- [EXERCISE OBJECTIVE]:
What is needed here is an exact repetition of the records below, beginning at the line that has "if_intro (Stably q) (failed (api.cancel j.id" and stopping after the line that has "(λ _. after_cancel-Stable q j (api.cancel_partial".

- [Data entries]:

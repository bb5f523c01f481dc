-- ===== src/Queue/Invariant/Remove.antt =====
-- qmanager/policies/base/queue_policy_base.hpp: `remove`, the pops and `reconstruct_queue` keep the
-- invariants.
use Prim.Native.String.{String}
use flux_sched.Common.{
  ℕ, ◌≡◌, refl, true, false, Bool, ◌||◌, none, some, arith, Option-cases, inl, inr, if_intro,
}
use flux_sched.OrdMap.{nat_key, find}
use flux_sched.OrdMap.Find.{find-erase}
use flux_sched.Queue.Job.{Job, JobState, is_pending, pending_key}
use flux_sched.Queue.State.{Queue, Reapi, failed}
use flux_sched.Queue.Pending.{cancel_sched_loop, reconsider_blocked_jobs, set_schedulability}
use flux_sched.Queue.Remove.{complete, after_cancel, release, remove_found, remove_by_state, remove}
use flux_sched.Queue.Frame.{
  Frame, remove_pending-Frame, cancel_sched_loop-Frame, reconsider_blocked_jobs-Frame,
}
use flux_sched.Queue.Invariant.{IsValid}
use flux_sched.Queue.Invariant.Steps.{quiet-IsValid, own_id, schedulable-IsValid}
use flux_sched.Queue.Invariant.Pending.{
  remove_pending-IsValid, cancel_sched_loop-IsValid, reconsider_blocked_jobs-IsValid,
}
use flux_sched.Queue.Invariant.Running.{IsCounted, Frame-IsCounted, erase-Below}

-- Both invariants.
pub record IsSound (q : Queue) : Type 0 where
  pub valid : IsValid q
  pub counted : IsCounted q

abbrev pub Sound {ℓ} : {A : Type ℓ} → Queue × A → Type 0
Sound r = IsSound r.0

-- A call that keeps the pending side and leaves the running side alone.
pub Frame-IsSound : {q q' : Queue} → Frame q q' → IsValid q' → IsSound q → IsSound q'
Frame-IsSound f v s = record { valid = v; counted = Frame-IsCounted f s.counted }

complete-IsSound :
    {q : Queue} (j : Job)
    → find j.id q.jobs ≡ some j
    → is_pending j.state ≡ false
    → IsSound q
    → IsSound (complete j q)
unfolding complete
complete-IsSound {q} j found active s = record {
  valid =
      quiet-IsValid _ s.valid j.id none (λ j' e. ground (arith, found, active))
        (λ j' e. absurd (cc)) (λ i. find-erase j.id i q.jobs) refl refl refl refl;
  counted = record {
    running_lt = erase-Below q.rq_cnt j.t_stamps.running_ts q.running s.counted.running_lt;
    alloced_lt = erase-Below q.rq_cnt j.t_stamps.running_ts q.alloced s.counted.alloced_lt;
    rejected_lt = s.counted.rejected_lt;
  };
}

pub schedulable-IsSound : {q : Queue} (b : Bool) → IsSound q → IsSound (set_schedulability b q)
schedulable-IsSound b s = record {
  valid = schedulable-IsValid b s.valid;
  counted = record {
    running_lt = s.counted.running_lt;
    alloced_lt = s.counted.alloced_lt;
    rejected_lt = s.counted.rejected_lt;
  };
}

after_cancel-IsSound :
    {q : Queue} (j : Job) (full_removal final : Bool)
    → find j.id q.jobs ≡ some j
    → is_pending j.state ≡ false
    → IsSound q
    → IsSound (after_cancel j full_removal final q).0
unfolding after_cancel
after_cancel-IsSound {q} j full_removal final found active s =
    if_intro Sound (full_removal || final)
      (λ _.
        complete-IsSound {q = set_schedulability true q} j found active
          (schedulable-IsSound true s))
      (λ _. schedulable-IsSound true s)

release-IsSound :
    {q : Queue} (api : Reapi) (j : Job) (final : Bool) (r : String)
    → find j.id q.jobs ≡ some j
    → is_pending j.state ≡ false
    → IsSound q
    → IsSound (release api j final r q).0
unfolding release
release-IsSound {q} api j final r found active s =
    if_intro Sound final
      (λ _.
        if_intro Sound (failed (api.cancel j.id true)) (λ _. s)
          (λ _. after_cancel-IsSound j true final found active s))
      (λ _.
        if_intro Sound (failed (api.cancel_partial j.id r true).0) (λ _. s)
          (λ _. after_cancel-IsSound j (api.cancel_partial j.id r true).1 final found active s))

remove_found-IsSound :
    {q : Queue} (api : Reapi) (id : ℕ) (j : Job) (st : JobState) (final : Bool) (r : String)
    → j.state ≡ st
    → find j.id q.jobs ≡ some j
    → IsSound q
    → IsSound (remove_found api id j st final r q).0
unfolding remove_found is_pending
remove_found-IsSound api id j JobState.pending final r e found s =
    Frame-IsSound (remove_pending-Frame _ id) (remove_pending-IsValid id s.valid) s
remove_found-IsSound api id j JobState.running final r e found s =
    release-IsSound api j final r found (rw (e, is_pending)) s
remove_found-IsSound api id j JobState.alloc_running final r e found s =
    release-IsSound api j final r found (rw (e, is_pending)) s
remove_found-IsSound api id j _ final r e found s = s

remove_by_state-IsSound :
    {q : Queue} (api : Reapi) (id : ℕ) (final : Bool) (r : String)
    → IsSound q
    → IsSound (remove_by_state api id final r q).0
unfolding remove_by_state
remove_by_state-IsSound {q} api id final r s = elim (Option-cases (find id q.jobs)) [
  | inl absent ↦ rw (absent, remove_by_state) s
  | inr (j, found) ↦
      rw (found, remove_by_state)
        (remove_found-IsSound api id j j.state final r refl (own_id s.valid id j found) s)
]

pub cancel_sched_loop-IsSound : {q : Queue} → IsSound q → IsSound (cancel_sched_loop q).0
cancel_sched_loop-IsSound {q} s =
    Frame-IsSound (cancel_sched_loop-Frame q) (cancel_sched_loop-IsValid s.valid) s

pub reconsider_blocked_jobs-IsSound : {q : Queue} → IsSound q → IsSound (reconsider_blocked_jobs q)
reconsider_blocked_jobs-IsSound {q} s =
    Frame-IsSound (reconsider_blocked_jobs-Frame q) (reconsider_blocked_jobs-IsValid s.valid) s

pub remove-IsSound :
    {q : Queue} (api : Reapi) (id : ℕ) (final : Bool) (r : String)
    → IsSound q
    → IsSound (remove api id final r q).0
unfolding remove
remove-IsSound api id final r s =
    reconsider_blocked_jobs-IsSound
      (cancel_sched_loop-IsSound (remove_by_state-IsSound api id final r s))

--

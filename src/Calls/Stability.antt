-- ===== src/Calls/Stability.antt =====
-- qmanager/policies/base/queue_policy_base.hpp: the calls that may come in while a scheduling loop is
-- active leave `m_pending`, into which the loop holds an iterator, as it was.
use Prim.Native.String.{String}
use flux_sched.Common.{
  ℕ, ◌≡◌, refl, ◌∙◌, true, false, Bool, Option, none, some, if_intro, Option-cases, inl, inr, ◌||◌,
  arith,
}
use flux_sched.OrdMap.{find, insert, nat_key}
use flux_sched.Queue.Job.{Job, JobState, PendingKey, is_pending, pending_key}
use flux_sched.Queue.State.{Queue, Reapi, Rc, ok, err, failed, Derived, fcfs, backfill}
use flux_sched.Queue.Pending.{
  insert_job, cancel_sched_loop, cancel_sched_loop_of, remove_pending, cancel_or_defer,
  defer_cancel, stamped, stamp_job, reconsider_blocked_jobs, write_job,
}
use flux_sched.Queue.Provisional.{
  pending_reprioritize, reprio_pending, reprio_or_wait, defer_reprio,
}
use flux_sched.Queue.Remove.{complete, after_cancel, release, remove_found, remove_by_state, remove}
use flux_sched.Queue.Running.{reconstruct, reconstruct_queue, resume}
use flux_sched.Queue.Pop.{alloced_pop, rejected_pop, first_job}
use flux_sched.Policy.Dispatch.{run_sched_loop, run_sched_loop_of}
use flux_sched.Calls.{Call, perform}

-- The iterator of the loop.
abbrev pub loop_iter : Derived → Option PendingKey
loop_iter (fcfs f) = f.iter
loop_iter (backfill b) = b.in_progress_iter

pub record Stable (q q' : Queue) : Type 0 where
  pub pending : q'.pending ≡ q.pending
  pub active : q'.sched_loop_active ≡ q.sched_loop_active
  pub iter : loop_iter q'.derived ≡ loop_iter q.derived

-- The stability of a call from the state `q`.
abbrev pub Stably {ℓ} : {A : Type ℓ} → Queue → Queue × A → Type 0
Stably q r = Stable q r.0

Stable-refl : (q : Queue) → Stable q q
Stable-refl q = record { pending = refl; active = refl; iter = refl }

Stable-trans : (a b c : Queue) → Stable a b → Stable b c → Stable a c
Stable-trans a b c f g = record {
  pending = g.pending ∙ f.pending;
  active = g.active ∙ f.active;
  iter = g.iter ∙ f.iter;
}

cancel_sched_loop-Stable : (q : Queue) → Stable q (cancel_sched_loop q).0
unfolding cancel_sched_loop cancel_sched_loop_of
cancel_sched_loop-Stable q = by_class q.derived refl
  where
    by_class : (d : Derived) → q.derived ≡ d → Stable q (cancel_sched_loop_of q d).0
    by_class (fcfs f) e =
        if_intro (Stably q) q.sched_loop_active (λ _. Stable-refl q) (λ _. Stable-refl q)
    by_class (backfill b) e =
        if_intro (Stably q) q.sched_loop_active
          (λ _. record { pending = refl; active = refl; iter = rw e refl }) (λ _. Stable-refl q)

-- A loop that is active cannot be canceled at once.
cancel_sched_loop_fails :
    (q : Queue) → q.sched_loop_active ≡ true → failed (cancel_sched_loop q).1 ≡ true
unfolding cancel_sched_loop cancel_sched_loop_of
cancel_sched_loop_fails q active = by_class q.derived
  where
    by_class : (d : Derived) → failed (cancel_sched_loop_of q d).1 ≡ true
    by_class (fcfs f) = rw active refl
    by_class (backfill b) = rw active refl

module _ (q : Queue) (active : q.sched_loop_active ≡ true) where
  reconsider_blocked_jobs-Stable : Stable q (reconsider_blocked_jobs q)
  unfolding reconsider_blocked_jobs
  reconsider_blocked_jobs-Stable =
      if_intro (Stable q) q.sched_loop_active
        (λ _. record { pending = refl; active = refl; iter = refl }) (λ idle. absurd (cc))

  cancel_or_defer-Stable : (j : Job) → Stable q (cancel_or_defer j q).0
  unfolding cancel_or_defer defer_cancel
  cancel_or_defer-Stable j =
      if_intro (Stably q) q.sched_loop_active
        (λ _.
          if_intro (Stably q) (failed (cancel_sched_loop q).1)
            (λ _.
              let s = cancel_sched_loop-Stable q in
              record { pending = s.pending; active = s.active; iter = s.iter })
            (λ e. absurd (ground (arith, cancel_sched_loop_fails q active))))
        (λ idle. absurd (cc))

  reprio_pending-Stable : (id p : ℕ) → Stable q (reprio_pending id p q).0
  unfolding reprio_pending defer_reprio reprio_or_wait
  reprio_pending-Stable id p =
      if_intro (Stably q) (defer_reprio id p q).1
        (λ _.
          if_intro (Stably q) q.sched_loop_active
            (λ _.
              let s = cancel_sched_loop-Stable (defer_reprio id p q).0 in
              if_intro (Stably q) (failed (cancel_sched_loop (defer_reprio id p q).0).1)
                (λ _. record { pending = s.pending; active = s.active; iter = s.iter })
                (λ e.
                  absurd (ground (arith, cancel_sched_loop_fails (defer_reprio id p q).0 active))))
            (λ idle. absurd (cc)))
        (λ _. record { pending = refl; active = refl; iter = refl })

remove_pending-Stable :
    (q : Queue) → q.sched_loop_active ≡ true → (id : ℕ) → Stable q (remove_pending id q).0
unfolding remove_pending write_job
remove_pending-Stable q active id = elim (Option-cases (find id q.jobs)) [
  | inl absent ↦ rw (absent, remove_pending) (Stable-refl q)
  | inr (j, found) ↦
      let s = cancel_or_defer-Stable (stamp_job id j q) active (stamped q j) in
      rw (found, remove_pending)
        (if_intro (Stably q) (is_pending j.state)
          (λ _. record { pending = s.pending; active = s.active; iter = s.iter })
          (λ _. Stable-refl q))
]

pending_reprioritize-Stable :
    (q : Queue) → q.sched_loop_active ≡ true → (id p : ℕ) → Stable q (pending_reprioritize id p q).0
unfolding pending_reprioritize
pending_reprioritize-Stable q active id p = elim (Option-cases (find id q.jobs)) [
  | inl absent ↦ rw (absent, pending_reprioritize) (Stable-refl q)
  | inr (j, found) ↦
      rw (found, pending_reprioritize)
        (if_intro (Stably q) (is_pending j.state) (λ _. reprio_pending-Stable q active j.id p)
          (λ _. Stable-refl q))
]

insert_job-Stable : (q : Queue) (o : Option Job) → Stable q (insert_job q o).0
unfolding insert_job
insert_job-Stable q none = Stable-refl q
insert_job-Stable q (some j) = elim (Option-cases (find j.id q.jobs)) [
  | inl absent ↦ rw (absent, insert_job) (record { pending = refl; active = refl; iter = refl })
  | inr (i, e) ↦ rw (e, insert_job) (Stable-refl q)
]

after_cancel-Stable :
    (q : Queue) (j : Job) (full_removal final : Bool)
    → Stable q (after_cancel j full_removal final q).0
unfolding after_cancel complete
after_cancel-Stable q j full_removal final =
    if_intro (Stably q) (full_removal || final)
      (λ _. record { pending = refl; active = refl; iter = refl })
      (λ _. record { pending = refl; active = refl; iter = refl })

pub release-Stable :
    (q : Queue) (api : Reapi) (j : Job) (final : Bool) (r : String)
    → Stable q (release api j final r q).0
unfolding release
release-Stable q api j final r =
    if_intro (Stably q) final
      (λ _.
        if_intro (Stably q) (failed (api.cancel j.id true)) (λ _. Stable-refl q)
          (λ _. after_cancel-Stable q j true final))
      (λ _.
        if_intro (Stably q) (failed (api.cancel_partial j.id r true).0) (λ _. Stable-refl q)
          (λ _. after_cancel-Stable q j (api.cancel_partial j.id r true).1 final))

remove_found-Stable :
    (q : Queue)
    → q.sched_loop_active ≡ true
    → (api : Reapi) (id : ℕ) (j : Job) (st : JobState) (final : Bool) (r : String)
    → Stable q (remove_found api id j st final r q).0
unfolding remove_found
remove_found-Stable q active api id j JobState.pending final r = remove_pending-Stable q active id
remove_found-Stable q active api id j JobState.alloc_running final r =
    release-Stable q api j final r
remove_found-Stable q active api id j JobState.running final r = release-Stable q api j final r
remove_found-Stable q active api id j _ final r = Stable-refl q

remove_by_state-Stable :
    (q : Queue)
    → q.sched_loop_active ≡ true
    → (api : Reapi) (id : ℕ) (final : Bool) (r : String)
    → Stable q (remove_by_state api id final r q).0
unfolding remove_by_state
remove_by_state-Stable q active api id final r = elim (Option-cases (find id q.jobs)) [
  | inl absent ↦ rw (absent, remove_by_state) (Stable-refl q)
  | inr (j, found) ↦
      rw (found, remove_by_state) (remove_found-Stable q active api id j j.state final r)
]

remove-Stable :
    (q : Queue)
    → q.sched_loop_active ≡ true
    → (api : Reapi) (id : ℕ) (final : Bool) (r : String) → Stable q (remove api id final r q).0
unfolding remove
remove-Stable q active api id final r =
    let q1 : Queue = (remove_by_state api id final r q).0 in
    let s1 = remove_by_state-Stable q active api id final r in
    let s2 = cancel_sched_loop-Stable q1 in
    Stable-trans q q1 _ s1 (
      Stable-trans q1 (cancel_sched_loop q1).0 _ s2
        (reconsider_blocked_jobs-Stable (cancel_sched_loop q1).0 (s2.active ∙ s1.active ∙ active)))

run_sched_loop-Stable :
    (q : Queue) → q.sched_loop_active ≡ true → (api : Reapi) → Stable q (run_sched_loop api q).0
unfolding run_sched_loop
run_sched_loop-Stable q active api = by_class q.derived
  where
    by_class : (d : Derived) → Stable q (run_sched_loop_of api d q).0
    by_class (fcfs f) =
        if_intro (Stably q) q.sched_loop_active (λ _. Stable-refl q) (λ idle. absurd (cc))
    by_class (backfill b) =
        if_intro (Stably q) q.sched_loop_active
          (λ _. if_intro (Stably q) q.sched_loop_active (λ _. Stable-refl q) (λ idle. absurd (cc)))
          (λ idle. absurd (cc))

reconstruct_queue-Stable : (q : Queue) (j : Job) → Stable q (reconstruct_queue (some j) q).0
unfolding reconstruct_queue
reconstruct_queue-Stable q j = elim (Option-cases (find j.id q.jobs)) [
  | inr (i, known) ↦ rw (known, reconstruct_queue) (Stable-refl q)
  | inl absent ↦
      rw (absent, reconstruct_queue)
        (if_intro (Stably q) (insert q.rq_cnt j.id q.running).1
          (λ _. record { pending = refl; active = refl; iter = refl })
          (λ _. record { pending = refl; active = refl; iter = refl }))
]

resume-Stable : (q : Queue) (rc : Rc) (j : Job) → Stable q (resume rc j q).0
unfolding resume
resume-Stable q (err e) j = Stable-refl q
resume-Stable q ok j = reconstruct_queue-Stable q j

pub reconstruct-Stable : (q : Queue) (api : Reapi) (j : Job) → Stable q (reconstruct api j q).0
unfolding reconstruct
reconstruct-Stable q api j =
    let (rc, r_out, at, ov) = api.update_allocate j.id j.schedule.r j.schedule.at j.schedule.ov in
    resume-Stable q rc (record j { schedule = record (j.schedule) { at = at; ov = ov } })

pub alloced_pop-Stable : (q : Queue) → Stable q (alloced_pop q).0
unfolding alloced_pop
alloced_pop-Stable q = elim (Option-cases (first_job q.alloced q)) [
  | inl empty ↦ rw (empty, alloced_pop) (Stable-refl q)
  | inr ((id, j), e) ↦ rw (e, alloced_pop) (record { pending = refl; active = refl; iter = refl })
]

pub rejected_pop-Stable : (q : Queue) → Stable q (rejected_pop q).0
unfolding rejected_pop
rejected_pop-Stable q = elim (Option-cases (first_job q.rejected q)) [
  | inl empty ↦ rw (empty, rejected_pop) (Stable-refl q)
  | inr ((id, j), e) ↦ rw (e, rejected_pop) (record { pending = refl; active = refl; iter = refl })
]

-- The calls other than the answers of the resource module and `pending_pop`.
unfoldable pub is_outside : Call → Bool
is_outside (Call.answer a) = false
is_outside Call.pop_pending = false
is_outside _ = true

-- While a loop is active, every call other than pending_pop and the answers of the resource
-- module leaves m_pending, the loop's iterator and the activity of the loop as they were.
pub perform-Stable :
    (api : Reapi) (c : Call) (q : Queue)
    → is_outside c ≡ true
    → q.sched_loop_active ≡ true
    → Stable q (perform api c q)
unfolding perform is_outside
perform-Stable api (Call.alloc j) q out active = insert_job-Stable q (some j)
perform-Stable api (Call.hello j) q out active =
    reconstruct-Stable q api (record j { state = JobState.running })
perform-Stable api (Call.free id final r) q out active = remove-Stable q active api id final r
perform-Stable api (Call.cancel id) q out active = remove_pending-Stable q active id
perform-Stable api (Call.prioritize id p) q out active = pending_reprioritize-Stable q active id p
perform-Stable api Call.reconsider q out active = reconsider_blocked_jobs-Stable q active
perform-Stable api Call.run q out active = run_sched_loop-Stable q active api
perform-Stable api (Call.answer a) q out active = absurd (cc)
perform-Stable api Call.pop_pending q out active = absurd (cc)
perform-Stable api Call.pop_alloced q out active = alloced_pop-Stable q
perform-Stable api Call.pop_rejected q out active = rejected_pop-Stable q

- [ANSWER FOR THE TASK]:
        if_intro (Stably q) (failed (api.cancel j.id true)) (λ _. Stable-refl q)
          (λ _. after_cancel-Stable q j true final))
      (λ _.
        if_intro (Stably q) (failed (api.cancel_partial j.id r true).0) (λ _. Stable-refl q)
          (λ _. after_cancel-Stable q j (api.cancel_partial j.id r true).1 final))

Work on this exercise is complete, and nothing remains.